On the face of it, organ donation seems so proper -- so right -- that we need only be reminded of it the way we might remind a child to share his M&Ms. Even the tag line on the Coalition for Donation Web site sounds like a mother's gentle admonition: "Remember, share your life."

But beneath the skin of sunny catch phrases is a turbid soup of moral, ethical, psychological and spiritual unease. According to Reg Green, 90 percent of Americans favor organ donation -- but given the opportunity, only 30 percent actually follow through. The Coalition on Donation puts the number closer to 50 percent, but the drop-off is still steep. Something is holding us back.

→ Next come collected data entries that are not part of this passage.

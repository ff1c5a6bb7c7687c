-- ===== src/Service/Refund/Effect.antt =====
-- What a refund does, and why it refuses (`Intents.Refund` of
-- nem_pay/api/internal/service/money.go).
use monorepo_payment.Base.{ℕ, ◌<◌, ◌≤◌, ◌≡◌, refl, sym, subst, true, false, ◌&&◌, not, arith}
use monorepo_payment.Base.Int.{pos, ltb_ℤ, eq_ℤ}
use monorepo_payment.StateMachine.{
  direct, escrow, Status, captured, settled, refunded, can_transition, status_eq,
}
use monorepo_payment.StateMachine.Graph.{here, step}
use monorepo_payment.Chart.{
  asset, liability, merchant_payable, escrow_liability, segregated_cash, TransactionKind,
}
use monorepo_payment.Errors.{
  Error, db_failure, invalid_state, partial_escrow_refund, refund_exceeds_capture,
  partial_refund_before_settle,
}
use monorepo_payment.Db.{Uuid, PaymentIntent, Database}
use monorepo_payment.Db.Exec.{Env, Session, HasFault, Gives, Ends, Gives-require, Ends-mono}
use monorepo_payment.Service.{account}
use monorepo_payment.Service.Rules.{Advances, refund_lines, refund_kind}
use monorepo_payment.Service.Steps.{
  Found, Found-ids, Found-has_id, account-Gives, per_ref_account-Gives,
}
use monorepo_payment.Service.Posting.{Ready-same}
use monorepo_payment.Service.Pairs.{OpensFor, pair-Gives}
use monorepo_payment.Service.Valid.{IsValid}
use monorepo_payment.Service.Refund.{
  next_of, credit_kind, refund_escrow, refund_direct, full_only, RefundRefused, fault, not_full,
  too_much, before_settle, state, Refunded,
}

credit_kind-eq : (s : Status) → credit_kind s ≡ refund_kind s
credit_kind-eq settled = refl
credit_kind-eq _ = refl

credit_account-OpensFor :
    (env : Env) (E : Error → Type 0) (failed : HasFault env → E db_failure) (old : Database)
    (m : Uuid) (pi : PaymentIntent)
    → OpensFor env E old m pi.currency
        (refund_kind pi.status)
        (account m asset (credit_kind pi.status) pi.currency)
credit_account-OpensFor env E failed old m pi =
    subst
      (λ x.
        OpensFor env E old m pi.currency x (account m asset (credit_kind pi.status) pi.currency))
      (credit_kind-eq pi.status)
      (λ s r. account-Gives env E failed m asset (credit_kind pi.status) pi.currency s r.distinct)

full_next :
    (pi : PaymentIntent) (n : ℕ)
    → eq_ℤ (pos n) (pos pi.amount) ≡ true
    → next_of pi (pos n) ≡ refunded
full_next pi n h = ground arith

full_amount : (pi : PaymentIntent) (n : ℕ) → eq_ℤ (pos n) (pos pi.amount) ≡ true → n ≡ pi.amount
full_amount pi n h = ground arith

not_more : (a n : ℕ) → not (ltb_ℤ (pos a) (pos n)) ≡ true → n ≤ a
not_more a n h = ground arith

partial_test :
    (pi : PaymentIntent) (n : ℕ)
    → not (status_eq pi.status captured && ltb_ℤ (pos n) (pos pi.amount)) ≡ false
    → (pi.status ≡ captured) × (ltb_ℤ (pos n) (pos pi.amount) ≡ true)
partial_test pi n h = ground arith

full_when_captured :
    (pi : PaymentIntent) (n : ℕ)
    → not (status_eq pi.status captured && ltb_ℤ (pos n) (pos pi.amount)) ≡ true
    → n ≤ pi.amount
    → full_only direct pi.status ≡ true
    → n ≡ pi.amount
full_when_captured pi n h le f = ground arith

module _ (env : Env) (id m : Uuid) (n : ℕ) (old : Database) (valid : IsValid old) (positive : 0 < n)
    (pi : PaymentIntent) (row : Found old id m pi) where
  pub refund_escrow-Gives :
      (s : Session)
      → pi.settlement_mode ≡ escrow
      → s.db ≡ old
      → Gives
          (Ends (Refunded env.now id m n old) old)
          (RefundRefused env old id m (pos n))
          (refund_escrow m pi (pos n) env s)
  unfolding refund_escrow
  refund_escrow-Gives s mode same =
      let E = RefundRefused env old id m (pos n) in
      let Q = Ends (Refunded env.now id m n old) old in
      Gives-require env E Q (eq_ℤ (pos n) (pos pi.amount)) partial_escrow_refund _ s
        (not_full pi row mode)
        λ is_full.
          let next = full_next pi n is_full in
          let exact = full_amount pi n is_full in
          Gives-require env E Q (can_transition pi.settlement_mode pi.status refunded) invalid_state
            _ s
            (λ e.
              state pi row
                (subst (λ x. can_transition pi.settlement_mode pi.status x ≡ false) (sym next) e))
            λ legal.
              Ends-mono E (Advances old env.now pi refunded (refund_lines escrow pi.status n))
                (Refunded env.now id m n old) old _
                (λ updated db done. record {
                  pi = pi;
                  row = row;
                  positive = positive;
                  within = omega (arith, exact);
                  full = λ _. exact;
                  legal =
                      subst (λ x. can_transition pi.settlement_mode pi.status x ≡ true) (sym next)
                        legal;
                  advances =
                      subst
                        (λ x.
                          Advances old env.now pi x (refund_lines pi.settlement_mode pi.status n)
                            updated db)
                        (sym next)
                        (subst
                          (λ x.
                            Advances old env.now pi refunded (refund_lines x pi.status n) updated
                              db)
                          (sym mode) done);
                })
                (pair-Gives env E fault old pi refunded m TransactionKind.refund escrow_liability
                  segregated_cash n _ _ s (Found-has_id old id m pi valid.distinct_intents row)
                  (step pi.status here legal) (Found-ids old id m pi row).1 positive
                  (λ s' r.
                    per_ref_account-Gives env E fault m liability escrow_liability pi.currency pi.id
                      s' r.distinct)
                  (λ s' r.
                    account-Gives env E fault m asset segregated_cash pi.currency s' r.distinct)
                  (Ready-same old s.db valid.distinct_accounts same))

  pub refund_direct-Gives :
      (s : Session)
      → pi.settlement_mode ≡ direct
      → s.db ≡ old
      → Gives
          (Ends (Refunded env.now id m n old) old)
          (RefundRefused env old id m (pos n))
          (refund_direct m pi (pos n) env s)
  unfolding refund_direct
  refund_direct-Gives s mode same =
      let E = RefundRefused env old id m (pos n) in
      let Q = Ends (Refunded env.now id m n old) old in
      let next = next_of pi (pos n) in
      Gives-require env E Q (not (ltb_ℤ (pos pi.amount) (pos n))) refund_exceeds_capture _ s
        (λ e. too_much pi row mode (ground arith))
        λ fits.
          let within = not_more pi.amount n fits in
          Gives-require env E Q
            (not (status_eq pi.status captured && ltb_ℤ (pos n) (pos pi.amount)))
            partial_refund_before_settle _ s
            (λ e.
              let (was_captured, less) = partial_test pi n e in
              before_settle pi row mode was_captured less)
            λ allowed.
              Gives-require env E Q (can_transition pi.settlement_mode pi.status next) invalid_state
                _ s (state pi row)
                λ legal.
                  Ends-mono E (Advances old env.now pi next (refund_lines direct pi.status n))
                    (Refunded env.now id m n old) old _
                    (λ updated db done. record {
                      pi = pi;
                      row = row;
                      positive = positive;
                      within = within;
                      full =
                          subst (λ x. full_only x pi.status ≡ true → n ≡ pi.amount) (sym mode)
                            (full_when_captured pi n allowed within);
                      legal = legal;
                      advances =
                          subst
                            (λ x.
                              Advances old env.now pi next (refund_lines x pi.status n) updated db)
                            (sym mode) done;
                    })
                    (pair-Gives env E fault old pi next m TransactionKind.refund merchant_payable
                      (refund_kind pi.status) n _ _ s
                      (Found-has_id old id m pi valid.distinct_intents row)
                      (step pi.status here legal) (Found-ids old id m pi row).1 positive
                      (λ s' r.
                        account-Gives env E fault m liability merchant_payable pi.currency s'
                          r.distinct)
                      (credit_account-OpensFor env E fault old m pi)
                      (Ready-same old s.db valid.distinct_accounts same))
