-- ===== src/Service/Refund/Atomic.antt =====
-- The whole refund: one transaction over the branch of the intent's mode.
use monorepo_payment.Base.{
  ℕ, zero, suc, ◌<◌, ◌≡◌, refl, sym, subst, true, false, if◌then◌else◌, arith,
}
use monorepo_payment.Base.Int.{ℤ, pos, negsuc, leb_ℤ}
use monorepo_payment.StateMachine.{Mode, direct, escrow}
use monorepo_payment.Errors.{invalid_amount}
use monorepo_payment.Db.{Uuid, PaymentIntent, Database}
use monorepo_payment.Db.Exec.{
  Env, Session, Gives, Atomic, Ends, Gives-bind, Atomic-in_tx, raise, in_tx,
}
use monorepo_payment.Service.Steps.{Found, begin-Gives}
use monorepo_payment.Service.Valid.{IsValid}
use monorepo_payment.Service.Refund.{
  refund_locked, refund_body, refund, RefundRefused, fault, not_positive, missing, Refunded,
}
use monorepo_payment.Service.Refund.Effect.{refund_escrow-Gives, refund_direct-Gives}

refund_locked-Gives :
    (env : Env) (id m : Uuid) (n : ℕ) (old : Database)
    → IsValid old
    → 0 < n
    → (pi : PaymentIntent) (mode : Mode) (s : Session) → Found old id m pi
    → pi.settlement_mode ≡ mode
    → s.db ≡ old
    → Gives
        (Ends (Refunded env.now id m n old) old)
        (RefundRefused env old id m (pos n))
        (refund_locked mode m pi (pos n) env s)
unfolding refund_locked
refund_locked-Gives env id m n old v p pi direct s row e same =
    refund_direct-Gives env id m n old v p pi row s e same
refund_locked-Gives env id m n old v p pi escrow s row e same =
    refund_escrow-Gives env id m n old v p pi row s e same

refund_body-Gives :
    (env : Env) (id m : Uuid) (n : ℕ) (old : Database) (s : Session)
    → IsValid old
    → 0 < n
    → s.db ≡ old
    → Gives
        (Ends (Refunded env.now id m n old) old)
        (RefundRefused env old id m (pos n))
        (refund_body id m (pos n) env s)
unfolding refund_body
refund_body-Gives env id m n old s v p same =
    let E = RefundRefused env old id m (pos n) in
    Gives-bind env E _ (Ends (Refunded env.now id m n old) old) _ _ s
      (begin-Gives env E fault id m s old same missing)
      λ pi s₁ (row, same₁).
        refund_locked-Gives env id m n old v p pi pi.settlement_mode s₁ row refl same₁

positive_test : (k : ℕ) → leb_ℤ (pos (suc k)) (pos 0) ≡ false
positive_test k = ground arith

negative_test : (n : ℕ) → leb_ℤ (negsuc n) (pos 0) ≡ true
negative_test n = ground arith

-- The amount that a positive int64 stands for.
abbrev pub Amounts : ℤ → (ℕ → Type 0) → Type 0
Amounts (pos n) P = P n
Amounts (negsuc n) P = ⊥

pub refund-Atomic :
    (env : Env) (id m : Uuid) (amount : ℤ) (s : Session)
    → IsValid s.db
    → Atomic
        (λ updated db. Amounts amount (λ n. Refunded env.now id m n s.db updated db))
        (RefundRefused env s.db id m amount)
        s.db
        (refund id m amount env s)
unfolding refund
refund-Atomic env id m (negsuc n) s v =
    subst
      (λ b.
        Atomic (λ updated db. ⊥) (RefundRefused env s.db id m (negsuc n)) s.db
          ((if b then raise invalid_amount else in_tx (refund_body id m (negsuc n))) env s))
      (sym (negative_test n)) (not_positive (negative_test n), refl)
refund-Atomic env id m (pos zero) s v = (not_positive refl, refl)
refund-Atomic env id m (pos (suc k)) s v =
    subst
      (λ b.
        Atomic (λ updated db. Refunded env.now id m (suc k) s.db updated db)
          (RefundRefused env s.db id m (pos (suc k))) s.db
          ((if b then raise invalid_amount else in_tx (refund_body id m (pos (suc k)))) env s))
      (sym (positive_test k))
      (Atomic-in_tx env (RefundRefused env s.db id m (pos (suc k))) fault
        (Refunded env.now id m (suc k) s.db) (refund_body id m (pos (suc k))) s
        (refund_body-Gives env id m (suc k) s.db (record s { sent = suc s.sent }) v (omega arith)
          refl))
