-- ===== src/Service/Release.antt =====
-- `Intents.Release` of nem_pay/api/internal/service/money.go.
pub mod Legs
pub mod Paid
pub mod Effect
use monorepo_payment.Base.{
  ℕ, ◌≤◌, ◌≡◌, Bool, true, false, List, [], ◌∷◌, ◌++◌, Option, none, some, find?, if◌then◌else◌,
  Bytes,
}
use monorepo_payment.Base.Int.{ℤ, pos, ltb_ℤ, wrap64, ◌-ℤ◌}
use monorepo_payment.StateMachine.{escrow, released, can_transition}
use monorepo_payment.Chart.{
  asset, liability, revenue, platform_cash, segregated_cash, escrow_liability, payable_to_payee,
  platform_revenue, TransactionKind,
}
use monorepo_payment.Errors.{Error, db_failure, intent_not_found, invalid_state}
use monorepo_payment.Db.{Uuid, PaymentIntent, Database}
use monorepo_payment.Db.Exec.{Env, Exec, Ending, HasFault, in_tx, require, raise, pure, ◌>>=◌, ◌>>◌}
use monorepo_payment.Db.Intents.{is_of}
use monorepo_payment.Ledger.{Leg, post_transaction}
use monorepo_payment.Service.{lock, account, per_ref_account, debit_leg, credit_leg, advance}
use monorepo_payment.Service.Rules.{Advances, release_lines}
use monorepo_payment.Service.Steps.{Found}

abbrev pub fee_of : Option ℤ → ℤ
fee_of none = pos 0
fee_of (some fee) = fee

abbrev pub payee_amount : PaymentIntent → ℤ
payee_amount pi = wrap64 (pos pi.amount -ℤ fee_of pi.application_fee)

-- A credit leg on the account that `open_account` opens, left out unless the amount is positive.
unfoldable pub credit_if : Exec Uuid → Bytes → ℤ → Exec (List Leg)
credit_if open_account currency amount =
    if ltb_ℤ (pos 0) amount
    then (open_account >>= λ id. pure (credit_leg id amount currency ∷ []))
    else pure []

abbrev pub release_legs : PaymentIntent → Uuid → Uuid → Uuid → List Leg → List Leg → List Leg
release_legs pi escrow_liab platform seg_cash payable_leg revenue_leg =
    debit_leg escrow_liab (pos pi.amount) pi.currency
    ∷ debit_leg platform (pos pi.amount) pi.currency
    ∷ credit_leg seg_cash (pos pi.amount) pi.currency
    ∷ (payable_leg ++ revenue_leg)

-- From the optional legs on; a payee is paid `to_payee`, the platform `fee`.
unfoldable pub release_paid :
    Uuid → PaymentIntent → Uuid → ℤ → ℤ → Uuid → Uuid → Uuid → Exec (Ending PaymentIntent)
release_paid merchant_id pi payee to_payee fee escrow_liab platform seg_cash = do
  payable_leg ←
      credit_if (per_ref_account merchant_id liability payable_to_payee pi.currency payee)
        pi.currency to_payee
  revenue_leg ← credit_if (account merchant_id revenue platform_revenue pi.currency) pi.currency fee
  post_transaction merchant_id TransactionKind.release (some pi.id)
      (release_legs pi escrow_liab platform seg_cash payable_leg revenue_leg)
  advance pi.id released

-- From the accounts on.
unfoldable pub release_post : Uuid → PaymentIntent → Uuid → Exec (Ending PaymentIntent)
release_post merchant_id pi payee = do
  escrow_liab ← per_ref_account merchant_id liability escrow_liability pi.currency pi.id
  seg_cash ← account merchant_id asset segregated_cash pi.currency
  platform ← account merchant_id asset platform_cash pi.currency
  release_paid merchant_id pi payee (payee_amount pi) (fee_of pi.application_fee) escrow_liab
      platform seg_cash

-- `!CanTransition(…) || pi.PayeeID == nil`, with the payee of the rest of the body.
unfoldable pub release_locked : Uuid → PaymentIntent → Option Uuid → Exec (Ending PaymentIntent)
release_locked merchant_id pi none = raise invalid_state
release_locked merchant_id pi (some payee) = do
  require (can_transition pi.settlement_mode pi.status released) invalid_state
  release_post merchant_id pi payee

unfoldable pub release_body : Uuid → Uuid → Exec (Ending PaymentIntent)
release_body id merchant_id = do pi ← lock id merchant_id; release_locked merchant_id pi pi.payee_id

unfoldable pub release : Uuid → Uuid → Exec PaymentIntent
release id merchant_id = in_tx (release_body id merchant_id)

-- Why a release is refused.
pub data ReleaseRefused (env : Env) (db : Database) (id m : Uuid) : Error → Type 0 where
  fault : HasFault env → ReleaseRefused env db id m db_failure
  missing : find? (is_of id m) db.intents ≡ none → ReleaseRefused env db id m intent_not_found
  no_payee :
      (pi : PaymentIntent)
      → Found db id m pi
      → pi.payee_id ≡ none
      → ReleaseRefused env db id m invalid_state
  state :
      (pi : PaymentIntent)
      → Found db id m pi
      → can_transition pi.settlement_mode pi.status released ≡ false
      → ReleaseRefused env db id m invalid_state

-- What an accepted release has done.
pub record Released (now : ℕ) (id m : Uuid) (old : Database) (updated : PaymentIntent)
    (db : Database) : Type 0 where
  pub pi : PaymentIntent
  pub row : Found old id m pi
  pub of_escrow : pi.settlement_mode ≡ escrow
  pub legal : can_transition pi.settlement_mode pi.status released ≡ true
  pub payee : Uuid
  pub payee_recorded : pi.payee_id ≡ some payee
  pub fee : ℕ
  pub fee_recorded : pi.application_fee ≡ some (pos fee)
  pub fee_within : fee ≤ pi.amount
  pub advances : Advances old now pi released (release_lines pi.amount fee payee) updated db
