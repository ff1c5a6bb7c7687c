-- ===== src/Service/Release/Legs.antt =====
-- The optional legs of `Intents.Release` (nem_pay/api/internal/service/money.go) and the balance of
-- its lines.
use monorepo_payment.Base.{
  Option, ℕ, ◌-◌, ◌≤◌, ◌<◌, ◌≡◌, refl, subst, Bool, true, false, List, [], ◌∷◌, ◌++◌, Bytes, arith,
  ltb, if◌then◌else◌, Bool-cases, inl, inr, sum_by-append,
}
use monorepo_payment.Base.Int.{pos, ltb_ℤ, wrap64, ◌-ℤ◌, two63}
use monorepo_payment.Chart.{AccountKind}
use monorepo_payment.Errors.{Error}
use monorepo_payment.Db.{Uuid, Account, Database}
use monorepo_payment.Db.Exec.{Env, Session, Exec, Gives, Gives-bind, ◌>>=◌, pure}
use monorepo_payment.Db.Accounts.{Grows}
use monorepo_payment.Ledger.{Leg}
use monorepo_payment.Ledger.Books.{Line}
use monorepo_payment.Ledger.Post.{Prepared}
use monorepo_payment.Service.{credit_leg}
use monorepo_payment.Service.Rules.{unless_zero, cr_for}
use monorepo_payment.Service.Posting.{
  Ready, Ready-open, Owned-Grows, Refers-Grows, credit_good, debit_total, credit_total,
}
use monorepo_payment.Service.Pairs.{OpensRef}
use monorepo_payment.Service.Release.{credit_if}

pub Prepared-Grows :
    (old new : List Account) (m : Uuid) (c : Bytes) (ls : List Line) (legs : List Leg)
    → Grows old new
    → Prepared old m c ls legs
    → Prepared new m c ls legs
Prepared-Grows old new m c [] [] g h = tt
Prepared-Grows old new m c [] (e ∷ es) g h = absurd h
Prepared-Grows old new m c (l ∷ ls) [] g h = absurd h
Prepared-Grows old new m c (l ∷ ls) (e ∷ es) g (own, refers, d, k, good, cur, rest) = (
  Owned-Grows old new m c l.kind e.account_id g own,
  Refers-Grows old new l.reference e.account_id g refers,
  d,
  k,
  good,
  cur,
  Prepared-Grows old new m c ls es g rest,
)

pub Prepared-append :
    (accounts : List Account) (m : Uuid) (c : Bytes) (ls ks : List Line) (legs more : List Leg)
    → Prepared accounts m c ls legs
    → Prepared accounts m c ks more
    → Prepared accounts m c (ls ++ ks) (legs ++ more)
Prepared-append accounts m c [] ks [] more h k = k
Prepared-append accounts m c [] ks (e ∷ es) more h k = absurd h
Prepared-append accounts m c (l ∷ ls) ks [] more h k = absurd h
Prepared-append accounts m c (l ∷ ls) ks (e ∷ es) more (own, refers, d, x, good, cur, rest) k =
    (own, refers, d, x, good, cur, Prepared-append accounts m c ls ks es more rest k)

-- The columns of an optional line.
unless_zero_totals :
    (kind : AccountKind) (ref : Option Uuid) (n : ℕ)
    → (debit_total (unless_zero kind ref n) ≡ 0) × (credit_total (unless_zero kind ref n) ≡ n)
unless_zero_totals kind ref n = elim (Bool-cases (ltb 0 n)) [
  | inl e ↦ ground arith
  | inr e ↦ ground arith
]

-- What is released is paid out: the amount twice on either side.
pub release_balanced :
    (a fee : ℕ) (payee_kind fee_kind : AccountKind) (r q : Option Uuid)
    → fee ≤ a
    → debit_total (unless_zero payee_kind r (a - fee) ++ unless_zero fee_kind q fee) ≡ 0
      × (credit_total (unless_zero payee_kind r (a - fee) ++ unless_zero fee_kind q fee) ≡ a)
release_balanced a fee payee_kind fee_kind r q h =
    let xs = unless_zero payee_kind r (a - fee) in
    let ys = unless_zero fee_kind q fee in
    let (dx, cx) = unless_zero_totals payee_kind r (a - fee) in
    let (dy, cy) = unless_zero_totals fee_kind q fee in
    (
      omega (arith, sum_by-append (λ l. l.debit) xs ys, dx, dy),
      omega (arith, sum_by-append (λ l. l.credit) xs ys, cx, cy),
    )

-- The difference of an amount in range and a fee within it does not wrap.
pub payee_amount_lem : (a fee : ℕ) → fee ≤ a → a < two63 → wrap64 (pos a -ℤ pos fee) ≡ pos (a - fee)
unfolding ◌-ℤ◌
payee_amount_lem a fee h k = ground arith

module _ (env : Env) (E : Error → Type 0) (old : Database) (m : Uuid) (c : Bytes)
    (kind : AccountKind) (ref : Option Uuid) (open_account : Exec Uuid) where
  -- From `mid` on only accounts were added, and the legs are those of the optional line.
  abbrev pub Optional : ℕ → Database → List Leg → Database → Type 0
  Optional n mid legs db =
      Ready old db
      × Grows mid.accounts db.accounts
      × Prepared db.accounts m c (unless_zero kind ref n) legs

  credit_on-Gives :
      (n : ℕ) (b : Bool) (s : Session)
      → (b ≡ true → 0 < n)
      → OpensRef env E old m c kind ref open_account
      → Ready old s.db
      → Gives
          (λ legs db.
            Ready old db
            × Grows s.db.accounts db.accounts
            × Prepared db.accounts m c (if b then cr_for kind ref n ∷ [] else []) legs)
          E
          ((if b then (open_account >>= λ id. pure (credit_leg id (pos n) c ∷ [])) else pure []) env
            s)
  credit_on-Gives n false s positive opens r = (r, (λ id a h. h), tt)
  credit_on-Gives n true s positive opens r =
      Gives-bind env E _
        (λ legs db.
          Ready old db
          × Grows s.db.accounts db.accounts
          × Prepared db.accounts m c (cr_for kind ref n ∷ []) legs)
        open_account (λ id. pure (credit_leg id (pos n) c ∷ [])) s (opens s r)
        λ id s₁ (o, refers). (
          Ready-open old s.db id s₁.db r o,
          o.grows,
          (o.there, refers, refl, refl, credit_good id n c (positive refl), refl, tt),
        )

  positive_test : (n : ℕ) → ltb 0 n ≡ ltb_ℤ (pos 0) (pos n)
  positive_test n = ground arith

  pub credit_if-Gives :
      (n : ℕ) (s : Session)
      → OpensRef env E old m c kind ref open_account
      → Ready old s.db
      → Gives (Optional n s.db) E (credit_if open_account c (pos n) env s)
  unfolding credit_if
  credit_if-Gives n s opens r =
      subst
        (λ b. Gives (Optional n s.db) E (
          (if b then (open_account >>= λ id. pure (credit_leg id (pos n) c ∷ [])) else pure []) env
            s))
        (positive_test n) (credit_on-Gives n (ltb 0 n) s (λ e. ground arith) opens r)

For some people, organ sharing violates sacred beliefs. Romany Gypsies have traditionally believed that after death, the soul retraces its steps, and because the soul maintains its physical shape, the body must remain intact; certain Native American tribes hold similar beliefs. In Japan, Shinto worshipers regard the dead body as impure and dangerous, and regard injury to the body as a serious crime. Still, nearly all the major religions of the world endorse organ donation. The drop-off between belief and action occurs elsewhere, in that place where we are forced to confront issues of bodily integrity and human solidarity. This confrontation originates with the individual, but often extends to family members left behind to make organ donation decisions.

"There are, I think, some deep feelings of revulsion about organ donation," says Reg Green. "I quote a man in the book whose wife died. When his daughter suggested that they donate her organs, he said, 'Hasn't your mother suffered enough?'"

I have a friend who has worked as an emergency room nurse for years. She is a firm believer in organ and tissue donation, and has been actively involved in events promoting donor awareness. And yet, she tells me, she could never allow the harvest of her children's eyes. "Those eyes show me their souls," she says. "I cannot think of them without their eyes."

Another experienced nurse said the same thing about donating her own eyes. "I know that the body is not going to know a thing, but the idea of scooping the eyes out just seems so ugly -- it makes me uneasy. I can't agree to it." When her grandfather accidentally severed his finger, he had it placed in his burial plot so that "all his parts" would be in one place when he died. As nurses actively involved in organ harvest, they may hold contradictory positions, but those positions come from powerful places.